"""

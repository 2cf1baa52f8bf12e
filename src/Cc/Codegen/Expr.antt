-- ===== src/Cc/Codegen/Expr.antt =====
-- The expressions of cc/codegen.c: `gen_expr` and `gen_addr`.
pub mod Tree
pub mod Operators
pub mod Places
pub mod Calls
use sandbox_stack.Prelude.{ℕ, zero, suc, ◌+◌, ◌-◌, ◌*◌, ◌/◌, Bool, true, false, not, ◌&&◌, ◌||◌}
use sandbox_stack.Prelude.{
  List, [], ◌∷◌, ◌++◌, Option, none, some, length, ◌==◌, if◌then◌else◌, codes,
}
use sandbox_stack.Prelude.Int.{ℤ, pos, negsuc}
use sandbox_stack.Cc.Asm.{Name}
use sandbox_stack.Cc.Elf.{same}
use sandbox_stack.Cc.Codegen.{
  Class, vc_none, vc_i32, vc_i64, vc_f32, vc_f64, valtype, same_class, CType, FuncType, is_flonum,
  is_struct, is_vla, is_ptr, is_array, class_of, vclass, Instr, op, op_u, i32c, i64c, f32c, f64c,
  memarg, memory_copy, memory_fill, memory_size, memory_grow, if_, call_indirect, sig_of,
  add_type_entry, Gen, emit, fail, ◌>>◌, error_if, FuncSig, load, store, to_bool, convert, cast,
}
pub use sandbox_stack.Cc.Codegen.Expr.Tree.{
  Obj, Binary, nd_add, nd_sub, nd_mul, nd_div, nd_mod, nd_bitand, nd_bitor, nd_bitxor, nd_shl,
  nd_shr, nd_eq, nd_ne, nd_lt, nd_le, Node, Nodes, nd_null_expr, nd_num, nd_neg, nd_var, nd_member,
  nd_deref, nd_addr, nd_assign, nd_comma, nd_cast, nd_memzero, nd_cond, nd_not, nd_bitnot,
  nd_logand, nd_logor, nd_binary, nd_funcall, nd_unsupported, no_nodes, node, ty_of, Env, Part,
}
pub use sandbox_stack.Cc.Codegen.Expr.Operators.{
  convert_as, gen_expr_as, gen_cond, plus, dropped, is_comparison, gen_binary, num_const, negated,
  inverted, branches, is_bitfield, cast_from,
}
unfoldable pub use sandbox_stack.Cc.Codegen.Expr.Operators.{float_op, int_op, binary_op}
pub use sandbox_stack.Cc.Codegen.Expr.Places.{
  fp_plus, call_to, address, or_heap_base, next_index, scratch_local, store_and_keep,
}
unfoldable pub use sandbox_stack.Cc.Codegen.Expr.Places.{global_addr, var_addr, assigned}
pub use sandbox_stack.Cc.Codegen.Expr.Calls.{
  callee_of, ret_address, fixed_args, other_args, is_struct_part, store_slot, variadic_args,
  move_sp, indirect, call_code, slots_size, too_many, all_dropped, grow_memory, builtin_call,
}
unfoldable pub use sandbox_stack.Cc.Codegen.Expr.Calls.{rest_of_call, plain_call, gen_funcall}

module _ (env : Env) where
  abbrev pub if_buffer : Option ℕ → Gen → Gen
  if_buffer none g = fail
  if_buffer (some off) g = g

  -- The address of what is assigned or chosen: it is the value of a struct.
  abbrev pub struct_addr : CType → Gen → Gen
  struct_addr ty g = if is_struct ty then g else fail

  -- `gen_expr` and `gen_addr` on a node, with its type
  unfoldable mutual
    unfolding load store to_bool convert cast ◌>>◌ float_op int_op binary_op var_addr assigned
        gen_funcall

    pub gen : Node → Part
    gen nd_null_expr = record { ty = none; value = emit []; addr = fail }
    gen (nd_num ty v f d) = record {
      ty = some ty;
      value = emit (num_const (class_of ty) v f d ∷ []);
      addr = fail;
    }
    gen (nd_neg ty a) = record { ty = some ty; value = negated (class_of ty) (gen a); addr = fail }
    gen (nd_var ty v) = record {
      ty = some ty;
      value = var_addr env v >> load ty;
      addr = var_addr env v;
    }
    gen (nd_member ty a off bitfield) = record {
      ty = some ty;
      value = error_if bitfield ((gen a).addr >> (emit (plus off) >> load ty));
      addr = (gen a).addr >> emit (plus off);
    }
    gen (nd_deref ty a) = record {
      ty = some ty;
      value = gen_expr_as (gen a) vc_i32 >> load ty;
      addr = gen_expr_as (gen a) vc_i32;
    }
    gen (nd_addr ty a) = record { ty = some ty; value = (gen a).addr; addr = fail }
    gen (nd_assign ty a b) =
        let value = error_if (is_bitfield a) (assigned env ty (gen a) (gen b)) in
        record { ty = some ty; value = value; addr = struct_addr ty value }
    gen (nd_comma ty a b) = record {
      ty = some ty;
      value = dropped (gen a) >> (gen b).value;
      addr = dropped (gen a) >> (gen b).addr;
    }
    gen (nd_cast ty a) = record {
      ty = some ty;
      value = (gen a).value >> cast_from (gen a).ty ty;
      addr = fail;
    }
    gen (nd_memzero v) = record {
      ty = none;
      value =
          emit (fp_plus env v.offset ++ (i32c (pos 0) ∷ i32c (pos v.ty.size) ∷ memory_fill ∷ []));
      addr = fail;
    }
    gen (nd_cond ty c a b) =
        let vc = class_of ty in
        let value =
          gen_cond (gen c) >> branches vc (gen_expr_as (gen a) vc) (gen_expr_as (gen b) vc) in
        record { ty = some ty; value = value; addr = struct_addr ty value }
    gen (nd_not ty a) = record {
      ty = some ty;
      value = gen_cond (gen a) >> emit (op 0x45 ∷ []);
      addr = fail;
    }
    gen (nd_bitnot ty a) = record {
      ty = some ty;
      value = inverted (class_of ty) (gen a);
      addr = fail;
    }
    gen (nd_logand ty a b) = record {
      ty = some ty;
      value = gen_cond (gen a) >> branches vc_i32 (gen_cond (gen b)) (emit (i32c (pos 0) ∷ []));
      addr = fail;
    }
    gen (nd_logor ty a b) = record {
      ty = some ty;
      value = gen_cond (gen a) >> branches vc_i32 (emit (i32c (pos 1) ∷ [])) (gen_cond (gen b));
      addr = fail;
    }
    gen (nd_binary k ty a b) = record {
      ty = some ty;
      value = gen_binary k ty (gen a).ty (gen a) (gen b);
      addr = fail;
    }
    gen (nd_funcall ty f a args ret) =
        let value = gen_funcall env ty f (callee_of env a) (gen a) (gen_args args) ret in
        record { ty = some ty; value = value; addr = if_buffer ret value }
    gen (nd_unsupported ty) = record { ty = some ty; value = fail; addr = fail }

    pub gen_args : Nodes → List Part
    gen_args no_nodes = []
    gen_args (node a as') = gen a ∷ gen_args as'
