-- ===== src/Cc/Codegen/Typed.antt =====
-- Code that validates with given operands, and how such code is put together.
use sandbox_stack.Prelude.{
  ℕ, Bool, true, false, if◌then◌else◌, ◌≡◌, ◌∙◌, refl, ap, sym, subst, List, [], ◌∷◌, ◌++◌, Option,
  none, some, get_elem?,
}
use mathlib.Core.List.{append_assoc}
use sandbox_stack.Cc.Codegen.{
  Class, vc_none, vc_i32, vc_i64, vc_f32, vc_f64, same_class, valtype, Instr, if_, op, FuncSig, Gen,
  emit, error_if, ◌>>◌, with_code, before,
}
use sandbox_stack.Cc.Codegen.Expr.{branches}
use sandbox_stack.Cc.Codegen.Validate.{Stack, State, Frame, Context, check, result_of}

-- Code takes `ins` from the operands and leaves `outs`, whatever is below and whatever follows it.
abbrev pub Runs : Context → List FuncSig → List Instr → Stack → Stack → Type 0
Runs ctx ts c ins outs =
    (rest : List Instr) (st : Stack) (fs : List Frame)
    → check ctx ts (c ++ rest) (ins ++ st, fs) ≡ check ctx ts rest (outs ++ st, fs)

-- The entries of `ts` are where they are in `ts'` too.
abbrev pub Extends : List FuncSig → List FuncSig → Type 0
Extends ts ts' = (i : ℕ) (f : FuncSig) → get_elem? ts i ≡ some f → get_elem? ts' i ≡ some f

-- A state for any operands and open frames
abbrev pub Shape : Type 0
Shape = Stack → List Frame → State

-- Code leads from states of one shape to those of another, whatever follows it.
abbrev pub Leads : Context → List FuncSig → List Instr → Shape → Shape → Type 0
Leads ctx ts c from to =
    (rest : List Instr) (st : Stack) (fs : List Frame)
    → check ctx ts (c ++ rest) (from st fs) ≡ check ctx ts rest (to st fs)

-- Where code is generated, its entries extend the earlier ones, and it leads from one shape to the
-- other with them and with any entries behind them.
pub record Moves (ctx : Context) (g : Gen) (from to : Shape) : Type 0 where
  pub moved :
      (ts : List FuncSig) (c : List Instr) (ts' : List FuncSig)
      → g ts ≡ some (c, ts')
      → Extends ts ts' × ((all : List FuncSig) → Extends ts' all → Leads ctx all c from to)

-- The same between operands
pub record Types (ctx : Context) (g : Gen) (ins outs : Stack) : Type 0 where
  pub typed :
      (ts : List FuncSig) (c : List Instr) (ts' : List FuncSig)
      → g ts ≡ some (c, ts')
      → Extends ts ts' × ((all : List FuncSig) → Extends ts' all → Runs ctx all c ins outs)

abbrev pub Made : Type 0
Made = Option (List Instr × List FuncSig)

abbrev pub code_of : Made → List Instr
code_of none = []
code_of (some (c, ts)) = c

abbrev pub table_of : Made → List FuncSig
table_of none = []
table_of (some (c, ts)) = ts

Extends-trans : (a b c : List FuncSig) → Extends a b → Extends b c → Extends a c
Extends-trans a b c h k i f e = k i f (h i f e)

-- What a sequence is made of
abbrev SeqOf : Gen → Gen → List FuncSig → List Instr → List FuncSig → Type 0
SeqOf g h ts c ts' =
    (c1 : List Instr) × (ts1 : List FuncSig) × (c2 : List Instr) × (g ts ≡ some (c1, ts1))
    × (h ts1 ≡ some (c2, ts'))
    × (c ≡ c1 ++ c2)

seq_second :
    (c1 : List Instr) (r : Made) (c : List Instr) (ts' : List FuncSig)
    → before c1 r ≡ some (c, ts')
    → (c2 : List Instr) × (r ≡ some (c2, ts')) × (c ≡ c1 ++ c2)
seq_second c1 none c ts' e = absurd (cc e)
seq_second c1 (some (c2, ts2)) c ts' e =
    (c2, ap (λ t. some (c2, t)) (ap table_of e), sym (ap code_of e))

>>-SeqOf :
    (g h : Gen) (ts : List FuncSig) (c : List Instr) (ts' : List FuncSig)
    → (g >> h) ts ≡ some (c, ts')
    → SeqOf g h ts c ts'
unfolding ◌>>◌
>>-SeqOf g h ts c ts' e = go (g ts) refl e
  where
    go : (r : Made) → g ts ≡ r → with_code r h ≡ some (c, ts') → SeqOf g h ts c ts'
    go none first e' = absurd (cc e')
    go (some (c1, ts1)) first e' =
        let (c2, second, whole) = seq_second c1 (h ts1) c ts' e' in
        (c1, ts1, c2, first, second, whole)

-- Operands of these types, and below them any
abbrev on_top : Stack → Shape
on_top ins st fs = (ins ++ st, fs)

-- Inside a frame, over no operands
abbrev inside : (Stack → Frame) → Stack → Shape
inside frame outs st fs = (outs ++ [], frame st ∷ fs)

-- The frame of a branch with this result
abbrev in_branch : Class → Bool → Stack → Frame
in_branch c in_else st = record { outer = st; result = result_of c; in_else = in_else }

-- What the three bytes of an `if` do
module _ (ctx : Context) where
  opening :
      (c : Class) (all : List FuncSig)
      → Leads ctx all
          (if_ (if same_class c vc_none then 0x40 else valtype c) ∷ [])
          (on_top (vc_i32 ∷ []))
          (inside (in_branch c false) [])
  opening vc_none all rest st fs = refl
  opening vc_i32 all rest st fs = refl
  opening vc_i64 all rest st fs = refl
  opening vc_f32 all rest st fs = refl
  opening vc_f64 all rest st fs = refl

  turning :
      (c : Class) (all : List FuncSig)
      → Leads ctx all
          (op 5 ∷ [])
          (inside (in_branch c false) (result_of c))
          (inside (in_branch c true) [])
  turning vc_none all rest st fs = refl
  turning vc_i32 all rest st fs = refl
  turning vc_i64 all rest st fs = refl
  turning vc_f32 all rest st fs = refl
  turning vc_f64 all rest st fs = refl

  closing :
      (c : Class) (all : List FuncSig)
      → Leads ctx all
          (op 0x0b ∷ [])
          (inside (in_branch c true) (result_of c))
          (on_top (result_of c))
  closing vc_none all rest st fs = refl
  closing vc_i32 all rest st fs = refl
  closing vc_i64 all rest st fs = refl
  closing vc_f32 all rest st fs = refl
  closing vc_f64 all rest st fs = refl

module _ {ctx : Context} where
  -- Code that leads there with any entries, as it is written out
  emit-Moves :
      {c : List Instr} {from to : Shape}
      → ((all : List FuncSig) → Leads ctx all c from to)
      → Moves ctx (emit c) from to
  emit-Moves {c} {from} {to} h = record {
    moved = λ ts c' ts' e. (
      subst (Extends ts) (ap table_of e) (λ i f at. at),
      λ all more. subst (λ d. Leads ctx all d from to) (ap code_of e) (h all),
    );
  }

  >>-Moves :
      {g h : Gen} {from mid to : Shape}
      → Moves ctx g from mid
      → Moves ctx h mid to
      → Moves ctx (g >> h) from to
  >>-Moves {g} {h} {from} {mid} {to} tg th = record {
    moved = λ ts c ts' e.
        let (c1, ts1, c2, first, second, whole) = >>-SeqOf g h ts c ts' e in
        let (grow1, run1) = tg.moved ts c1 ts1 first in
        let (grow2, run2) = th.moved ts1 c2 ts' second in
        (
          Extends-trans ts ts1 ts' grow1 grow2,
          λ all more.
              subst (λ d. Leads ctx all d from to) (sym whole)
                (λ rest st fs.
                  ap (λ x. check ctx all x (from st fs)) (append_assoc c1 c2 rest)
                  ∙ run1 all (Extends-trans ts1 ts' all grow2 more) (c2 ++ rest) st fs
                  ∙ run2 all more rest st fs),
        );
  }

  Moves-Types :
      {g : Gen} {ins outs : Stack} → Moves ctx g (on_top ins) (on_top outs) → Types ctx g ins outs
  Moves-Types m = record { typed = m.moved }

  Types-Moves :
      {g : Gen} {ins outs : Stack} → Types ctx g ins outs → Moves ctx g (on_top ins) (on_top outs)
  Types-Moves t = record { moved = t.typed }

  pub emit-Types :
      {c : List Instr} {ins outs : Stack}
      → ((all : List FuncSig) → Runs ctx all c ins outs)
      → Types ctx (emit c) ins outs
  emit-Types h = Moves-Types (emit-Moves h)

  pub fail-Types : {ins outs : Stack} → Types ctx (λ ts. none) ins outs
  fail-Types = record { typed = λ ts c ts' e. absurd (cc e) }

  pub >>-Types :
      {g h : Gen} {ins mid outs : Stack}
      → Types ctx g ins mid
      → Types ctx h mid outs
      → Types ctx (g >> h) ins outs
  >>-Types tg th = Moves-Types (>>-Moves (Types-Moves tg) (Types-Moves th))

  -- Above other operands
  pub above :
      {g : Gen} {outs : Stack} (below : Stack)
      → Types ctx g [] outs
      → Types ctx g below (outs ++ below)
  above {g} {outs} below t = record {
    typed = λ ts c ts' e.
        let (grow, run) = t.typed ts c ts' e in
        (
          grow,
          λ all more rest st fs.
              run all more rest (below ++ st) fs
              ∙ ap (λ s. check ctx all rest (s, fs)) (sym (append_assoc outs below st)),
        );
  }

  pub over :
      {g : Gen} {ins outs : Stack} (below : Stack)
      → Types ctx g ins outs
      → Types ctx g (ins ++ below) (outs ++ below)
  over {g} {ins} {outs} below t = record {
    typed = λ ts c ts' e.
        let (grow, run) = t.typed ts c ts' e in
        (
          grow,
          λ all more rest st fs.
              ap (λ s. check ctx all (c ++ rest) (s, fs)) (append_assoc ins below st)
              ∙ run all more rest (below ++ st) fs
              ∙ ap (λ s. check ctx all rest (s, fs)) (sym (append_assoc outs below st)),
        );
  }

  pub if-Types :
      (b : Bool) {g h : Gen} {ins outs : Stack}
      → Types ctx g ins outs
      → Types ctx h ins outs
      → Types ctx (if b then g else h) ins outs
  if-Types true tg th = tg
  if-Types false tg th = th

  -- Each branch where its condition is known
  pub if_known-Types :
      (b : Bool) {g h : Gen} {ins outs : Stack}
      → (b ≡ true → Types ctx g ins outs)
      → (b ≡ false → Types ctx h ins outs)
      → Types ctx (if b then g else h) ins outs
  if_known-Types true tg th = tg refl
  if_known-Types false tg th = th refl

  pub error_if-Types :
      (b : Bool) {g : Gen} {ins outs : Stack}
      → Types ctx g ins outs
      → Types ctx (error_if b g) ins outs
  error_if-Types true t = fail-Types
  error_if-Types false t = t

  pub nothing : {s : Stack} → Types ctx (emit []) s s
  nothing = emit-Types (λ all rest st fs. refl)

  within :
      {g : Gen} {outs : Stack} (frame : Stack → Frame)
      → Types ctx g [] outs
      → Moves ctx g (inside frame []) (inside frame outs)
  within {g} {outs} frame t = record {
    moved = λ ts c ts' e.
        let (grow, run) = t.typed ts c ts' e in
        (grow, λ all more rest st fs. run all more rest [] (frame st ∷ fs));
  }

  -- The two branches of an `if`
  pub branches-Types :
      (vc : Class) {a b : Gen}
      → Types ctx a [] (result_of vc)
      → Types ctx b [] (result_of vc)
      → Types ctx (branches vc a b) (vc_i32 ∷ []) (result_of vc)
  branches-Types vc ta tb = Moves-Types (
      >>-Moves (emit-Moves (opening ctx vc)) (
        >>-Moves (within (in_branch vc false) ta) (
          >>-Moves (emit-Moves (turning ctx vc))
            (>>-Moves (within (in_branch vc true) tb) (emit-Moves (closing ctx vc))))))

"""

TASK REQUIREMENTS
Go through the listing above and write out exactly the lines starting with the one holding "(outs ++ st, fs)" and running through the one holding "rest (to st fs)", ends included, and no others.

WRITTEN RESPONSE
    → check ctx ts (c ++ rest) (ins ++ st, fs) ≡ check ctx ts rest (outs ++ st, fs)

-- The entries of `ts` are where they are in `ts'` too.
abbrev pub Extends : List FuncSig → List FuncSig → Type 0
Extends ts ts' = (i : ℕ) (f : FuncSig) → get_elem? ts i ≡ some f → get_elem? ts' i ≡ some f

-- A state for any operands and open frames
abbrev pub Shape : Type 0
Shape = Stack → List Frame → State

-- Code leads from states of one shape to those of another, whatever follows it.
abbrev pub Leads : Context → List FuncSig → List Instr → Shape → Shape → Type 0
Leads ctx ts c from to =
    (rest : List Instr) (st : Stack) (fs : List Frame)
    → check ctx ts (c ++ rest) (from st fs) ≡ check ctx ts rest (to st fs)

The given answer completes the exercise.